→ Aim of the task: Your answer should be the lines below from the one with "filename src/Engine/Balance.antt" to the one with "of a second", both included, given again exactly and with nothing added.

*** Input records ***

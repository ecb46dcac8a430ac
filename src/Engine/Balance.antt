-- ===== src/Engine/Balance.antt =====
-- The totals of the engine agree with each other whatever events come (crates/protocol/src/lib.rs).
use android_ebpf_studio.Prelude.{
  ℕ, ◌+◌, ◌/◌, ◌%◌, ◌≡◌, refl, Bool, Option, none, some, List, [], ◌∷◌, arith, length,
  length-append, u64_size, inl, inr,
}
use android_ebpf_studio.Events.Completed.{
  CompletedIo, completion_timestamp, issue_timestamp, start_timestamp,
}
use android_ebpf_studio.Intervals.{Interval}
use android_ebpf_studio.Intervals.Merge.{AreSeparate, merge_interval-AreSeparate}
use android_ebpf_studio.Wire.{StorageEvent}
use android_ebpf_studio.Engine.Ordered.{
  total, total-modify_entry, total-modify_entry_wrapping, AreOrdered, modify_entry,
  modify_entry-AreOrdered,
}
use android_ebpf_studio.Engine.Records.{
  MutableBucket, MutableCategory, no_bucket, no_category, second_ranked, category_ranked,
  CategoryKey,
}
use android_ebpf_studio.Stats.{second_ns}
use android_ebpf_studio.Engine.Ingest.{run}
use android_ebpf_studio.Engine.Kept.{Property, Of, IgnoresCounts, Deepened, run-Holds}
use android_ebpf_studio.Engine.State.{
  AnalysisEngine, with_windows, record_completed, record_counts, record_depth, record_latency,
  record_bucket, record_category, bucket_depth, add_to_bucket, add_to_category, raise_depth,
  merge_known, category_key, zip,
}

abbrev bucket_ios : MutableBucket → ℕ
bucket_ios b = b.completed_ios

abbrev category_ios : MutableCategory → ℕ
category_ios c = c.completed_ios

abbrev category_samples : MutableCategory → ℕ
category_samples c = length c.latencies

abbrev category_bytes : MutableCategory → ℕ
category_bytes c = c.bytes

-- Every completed request has a latency or is counted as unmeasured, stands in the bucket of a second
-- or is counted as unplaced, and stands in one category; the categories hold as many latencies as the
-- engine, and the bytes of the operations are those of the categories, modulo 2^64. Buckets and
-- categories stand in the order of their keys, none twice, and the busy intervals are separate.
abbrev Balanced : Property
Balanced s latencies histogram buckets categories busy =
    (s.completed_ios ≡ length latencies + s.unmeasured_latency_ios)
    × (total bucket_ios buckets + s.unplaced_time_ios ≡ s.completed_ios)
    × (total category_ios categories ≡ s.completed_ios)
    × (total category_samples categories ≡ length latencies)
    × ((s.read_bytes + s.write_bytes + s.other_bytes) % u64_size
        ≡ total category_bytes categories % u64_size)
    × AreOrdered buckets
    × AreOrdered categories
    × AreSeparate 0 busy

abbrev pub IsBalanced : AnalysisEngine → Type 0
IsBalanced = Of Balanced

-- An issue's depth leaves the counts of the buckets alone.
bucket_depth-total :
    (ts depth : ℕ) (m : List (ℕ × MutableBucket))
    → total bucket_ios (bucket_depth ts depth m) ≡ total bucket_ios m
unfolding bucket_depth
bucket_depth-total ts depth m = omega (
  arith,
  total-modify_entry bucket_ios 0 no_bucket (raise_depth depth) (ts / second_ns) m refl
      (λ v. omega arith),
)

bucket_depth-totals :
    (ts depth : ℕ) (m : List (ℕ × MutableBucket))
    → AreOrdered m
    → (total bucket_ios (bucket_depth ts depth m) ≡ total bucket_ios m)
      × AreOrdered (bucket_depth ts depth m)
unfolding bucket_depth
bucket_depth-totals ts depth m o = (
  bucket_depth-total ts depth m,
  modify_entry-AreOrdered no_bucket (raise_depth depth) (ts / second_ns) m o,
)

record_depth-buckets :
    (e : AnalysisEngine) (depth issued : Option ℕ)
    → AreOrdered e.buckets
    → (total bucket_ios (record_depth e depth issued).buckets ≡ total bucket_ios e.buckets)
      × AreOrdered (record_depth e depth issued).buckets
unfolding record_depth
record_depth-buckets e none issued o = (refl, o)
record_depth-buckets e (some depth) none o = (refl, o)
record_depth-buckets e (some depth) (some ts) o = bucket_depth-totals ts depth e.buckets o

-- The equations of a balanced engine, one request and its bytes short of the counts.
abbrev Owes : ℕ → AnalysisEngine → Type 0
Owes bytes e =
    (e.summary.completed_ios ≡ length e.latencies_ns + e.summary.unmeasured_latency_ios + 1)
    × (total bucket_ios e.buckets + e.summary.unplaced_time_ios + 1 ≡ e.summary.completed_ios)
    × (total category_ios e.categories + 1 ≡ e.summary.completed_ios)
    × (total category_samples e.categories ≡ length e.latencies_ns)
    × ((e.summary.read_bytes + e.summary.write_bytes + e.summary.other_bytes) % u64_size
        ≡ (total category_bytes e.categories + bytes) % u64_size)
    × AreOrdered e.buckets
    × AreOrdered e.categories
    × AreSeparate 0 e.busy_intervals

record_counts-summary :
    (e : AnalysisEngine) (io : CompletedIo)
    → let s = (record_counts e io).summary in
      (s.completed_ios ≡ e.summary.completed_ios + 1)
      × ((s.read_bytes + s.write_bytes + s.other_bytes) % u64_size
          ≡ (e.summary.read_bytes + e.summary.write_bytes + e.summary.other_bytes + io.issue.bytes)
            % u64_size)
      × (s.unmeasured_latency_ios ≡ e.summary.unmeasured_latency_ios)
      × (s.unplaced_time_ios ≡ e.summary.unplaced_time_ios)
unfolding record_counts record_depth
record_counts-summary e io = ground arith

pub record_counts-rest :
    (e : AnalysisEngine) (io : CompletedIo)
    → ((record_counts e io).latencies_ns ≡ e.latencies_ns)
      × ((record_counts e io).categories ≡ e.categories)
      × ((record_counts e io).busy_intervals ≡ e.busy_intervals)
      × ((record_counts e io).live_latency_histogram ≡ e.live_latency_histogram)
unfolding record_counts record_depth
record_counts-rest e io = ground arith

record_counts-buckets :
    (e : AnalysisEngine) (io : CompletedIo)
    → AreOrdered e.buckets
    → (total bucket_ios (record_counts e io).buckets ≡ total bucket_ios e.buckets)
      × AreOrdered (record_counts e io).buckets
unfolding record_counts
record_counts-buckets e io o =
    record_depth-buckets
      (record e { summary = record e.summary { completed_ios = e.summary.completed_ios + 1 } })
      io.queue_depth_at_issue (issue_timestamp io) o

record_counts-Owes :
    (e : AnalysisEngine) (io : CompletedIo)
    → IsBalanced e
    → Owes io.issue.bytes (record_counts e io)
record_counts-Owes e io b =
    let (completed, bytes, unmeasured, unplaced) = record_counts-summary e io in
    let (latencies, categories, busy, live) = record_counts-rest e io in
    let (same, ordered) = record_counts-buckets e io b.5 in
    rw (latencies, categories, busy)
      (omega arith, omega arith, omega arith, b.3, omega arith, ordered, b.6, b.7)

latency-Separate :
    (is : List Interval) (i : Option Interval) → AreSeparate 0 is → AreSeparate 0 (merge_known is i)
latency-Separate is none s = s
latency-Separate is (some i) s = (merge_interval-AreSeparate is i s).0

abbrev sample : Option ℕ → ℕ
sample none = 0
sample (some l) = 1

-- One request more in its category.
category_totals :
    (key : CategoryKey) (bytes : ℕ) (latency : Option ℕ) (m : List (CategoryKey × MutableCategory))
    → AreOrdered m
    → let m' = modify_entry no_category (add_to_category bytes latency) key m in
      (total category_ios m' ≡ total category_ios m + 1)
      × (total category_samples m' ≡ total category_samples m + sample latency)
      × (total category_bytes m' % u64_size ≡ (total category_bytes m + bytes) % u64_size)
      × AreOrdered m'
category_totals key bytes none m o =
    let add = add_to_category bytes none in
    (
      total-modify_entry category_ios 1 no_category add key m refl (λ v. refl),
      total-modify_entry category_samples 0 no_category add key m refl (λ v. omega arith),
      total-modify_entry_wrapping category_bytes bytes no_category add key m refl (λ v. refl),
      modify_entry-AreOrdered no_category add key m o,
    )
category_totals key bytes (some l) m o =
    let add = add_to_category bytes (some l) in
    (
      total-modify_entry category_ios 1 no_category add key m refl (λ v. refl),
      total-modify_entry category_samples 1 no_category add key m refl
          (λ v. length-append v.latencies (l ∷ [])),
      total-modify_entry_wrapping category_bytes bytes no_category add key m refl (λ v. refl),
      modify_entry-AreOrdered no_category add key m o,
    )

-- One request more in the bucket of its second.
bucket_totals :
    (ts bytes : ℕ) (latency : Option ℕ) (m : List (ℕ × MutableBucket))
    → AreOrdered m
    → let m' = modify_entry no_bucket (add_to_bucket bytes latency) (ts / second_ns) m in
      (total bucket_ios m' ≡ total bucket_ios m + 1) × AreOrdered m'
bucket_totals ts bytes none m o = (
  total-modify_entry bucket_ios 1 no_bucket (add_to_bucket bytes none) (ts / second_ns) m refl
      (λ v. refl),
  modify_entry-AreOrdered no_bucket (add_to_bucket bytes none) (ts / second_ns) m o,
)
bucket_totals ts bytes (some l) m o = (
  total-modify_entry bucket_ios 1 no_bucket (add_to_bucket bytes (some l)) (ts / second_ns) m refl
      (λ v. refl),
  modify_entry-AreOrdered no_bucket (add_to_bucket bytes (some l)) (ts / second_ns) m o,
)

settle :
    (e : AnalysisEngine) (key : CategoryKey) (bytes : ℕ) (latency : Option ℕ)
    (interval : Option Interval) (completion : Option ℕ)
    → Owes bytes e
    → IsBalanced (
        record_category
          (record_bucket (record_latency e latency interval) completion bytes latency)
          key
          bytes
          latency)
unfolding record_category record_bucket record_latency
settle e key bytes none interval none o =
    let (c, s, b, sorted) = category_totals key bytes none e.categories o.6 in
    (omega arith, omega arith, omega arith, omega arith, omega arith, o.5, sorted, o.7)
settle e key bytes none interval (some ts) o =
    let (c, s, b, sorted) = category_totals key bytes none e.categories o.6 in
    let (n, ordered) = bucket_totals ts bytes none e.buckets o.5 in
    (omega arith, omega arith, omega arith, omega arith, omega arith, ordered, sorted, o.7)
settle e key bytes (some l) interval none o =
    let (c, s, b, sorted) = category_totals key bytes (some l) e.categories o.6 in
    let more = length-append e.latencies_ns (l ∷ []) in
    (
      omega arith,
      omega arith,
      omega arith,
      omega arith,
      omega arith,
      o.5,
      sorted,
      latency-Separate e.busy_intervals interval o.7,
    )
settle e key bytes (some l) interval (some ts) o =
    let (c, s, b, sorted) = category_totals key bytes (some l) e.categories o.6 in
    let (n, ordered) = bucket_totals ts bytes (some l) e.buckets o.5 in
    let more = length-append e.latencies_ns (l ∷ []) in
    (
      omega arith,
      omega arith,
      omega arith,
      omega arith,
      omega arith,
      ordered,
      sorted,
      latency-Separate e.busy_intervals interval o.7,
    )

record_completed-IsBalanced :
    (e : AnalysisEngine) (io : CompletedIo) → IsBalanced e → IsBalanced (record_completed e io)
unfolding record_completed
record_completed-IsBalanced e io b =
    settle (record_counts e io) (category_key io) io.issue.bytes io.total_latency_ns
      (zip (start_timestamp io) (completion_timestamp io)) (completion_timestamp io)
      (record_counts-Owes e io b)

Balanced-counts : IgnoresCounts Balanced
Balanced-counts e s m a deepened b = (
  omega arith,
  omega (arith, (buckets deepened).0),
  omega arith,
  b.3,
  rw (a.3, a.4, a.5) b.4,
  (buckets deepened).1,
  b.6,
  b.7,
)
  where
    buckets :
        Deepened e.buckets m → (total bucket_ios m ≡ total bucket_ios e.buckets) × AreOrdered m
    buckets (inl same) = rw same (refl, b.5)
    buckets (inr (ts, depth, deeper)) = rw deeper (bucket_depth-totals ts depth e.buckets b.5)

-- After any events, in any order, within any completion window or none, with and without eviction:
-- every completed request has a latency or is counted as unmeasured, stands in the bucket of one
-- second or is counted as unplaced, and stands in one category; the categories hold as many latencies
-- as the engine; the bytes of reads, writes and other operations are together those of the
-- categories, modulo 2^64; buckets and categories stand in the order of their keys, none twice; and
-- the busy intervals are separate.
pub session-IsBalanced :
    (ttl_ns sequential_window_ns : ℕ) (window : Option (ℕ × ℕ)) (retain_all : Bool)
    (events : List StorageEvent)
    → IsBalanced (
        run
          (record (with_windows ttl_ns sequential_window_ns) {
            completion_window = window;
            retain_all_evidence = retain_all;
          })
          events)
session-IsBalanced ttl sequential window retain_all events =
    run-Holds (λ n. Balanced) (λ n. Balanced-counts) (λ n e b. b)
      (λ n e io b. record_completed-IsBalanced e io b) 0 _ events
      (refl, refl, refl, refl, refl, tt, tt, tt)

*** End of Input records ***

→ Response box:
filename src/Engine/Balance.antt
-- ===== src/Engine/Balance.antt =====
-- The totals of the engine agree with each other whatever events come (crates/protocol/src/lib.rs).
use android_ebpf_studio.Prelude.{
  ℕ, ◌+◌, ◌/◌, ◌%◌, ◌≡◌, refl, Bool, Option, none, some, List, [], ◌∷◌, arith, length,
  length-append, u64_size, inl, inr,
}
use android_ebpf_studio.Events.Completed.{
  CompletedIo, completion_timestamp, issue_timestamp, start_timestamp,
}
use android_ebpf_studio.Intervals.{Interval}
use android_ebpf_studio.Intervals.Merge.{AreSeparate, merge_interval-AreSeparate}
use android_ebpf_studio.Wire.{StorageEvent}
use android_ebpf_studio.Engine.Ordered.{
  total, total-modify_entry, total-modify_entry_wrapping, AreOrdered, modify_entry,
  modify_entry-AreOrdered,
}
use android_ebpf_studio.Engine.Records.{
  MutableBucket, MutableCategory, no_bucket, no_category, second_ranked, category_ranked,
  CategoryKey,
}
use android_ebpf_studio.Stats.{second_ns}
use android_ebpf_studio.Engine.Ingest.{run}
use android_ebpf_studio.Engine.Kept.{Property, Of, IgnoresCounts, Deepened, run-Holds}
use android_ebpf_studio.Engine.State.{
  AnalysisEngine, with_windows, record_completed, record_counts, record_depth, record_latency,
  record_bucket, record_category, bucket_depth, add_to_bucket, add_to_category, raise_depth,
  merge_known, category_key, zip,
}

abbrev bucket_ios : MutableBucket → ℕ
bucket_ios b = b.completed_ios

abbrev category_ios : MutableCategory → ℕ
category_ios c = c.completed_ios

abbrev category_samples : MutableCategory → ℕ
category_samples c = length c.latencies

abbrev category_bytes : MutableCategory → ℕ
category_bytes c = c.bytes

-- Every completed request has a latency or is counted as unmeasured, stands in the bucket of a second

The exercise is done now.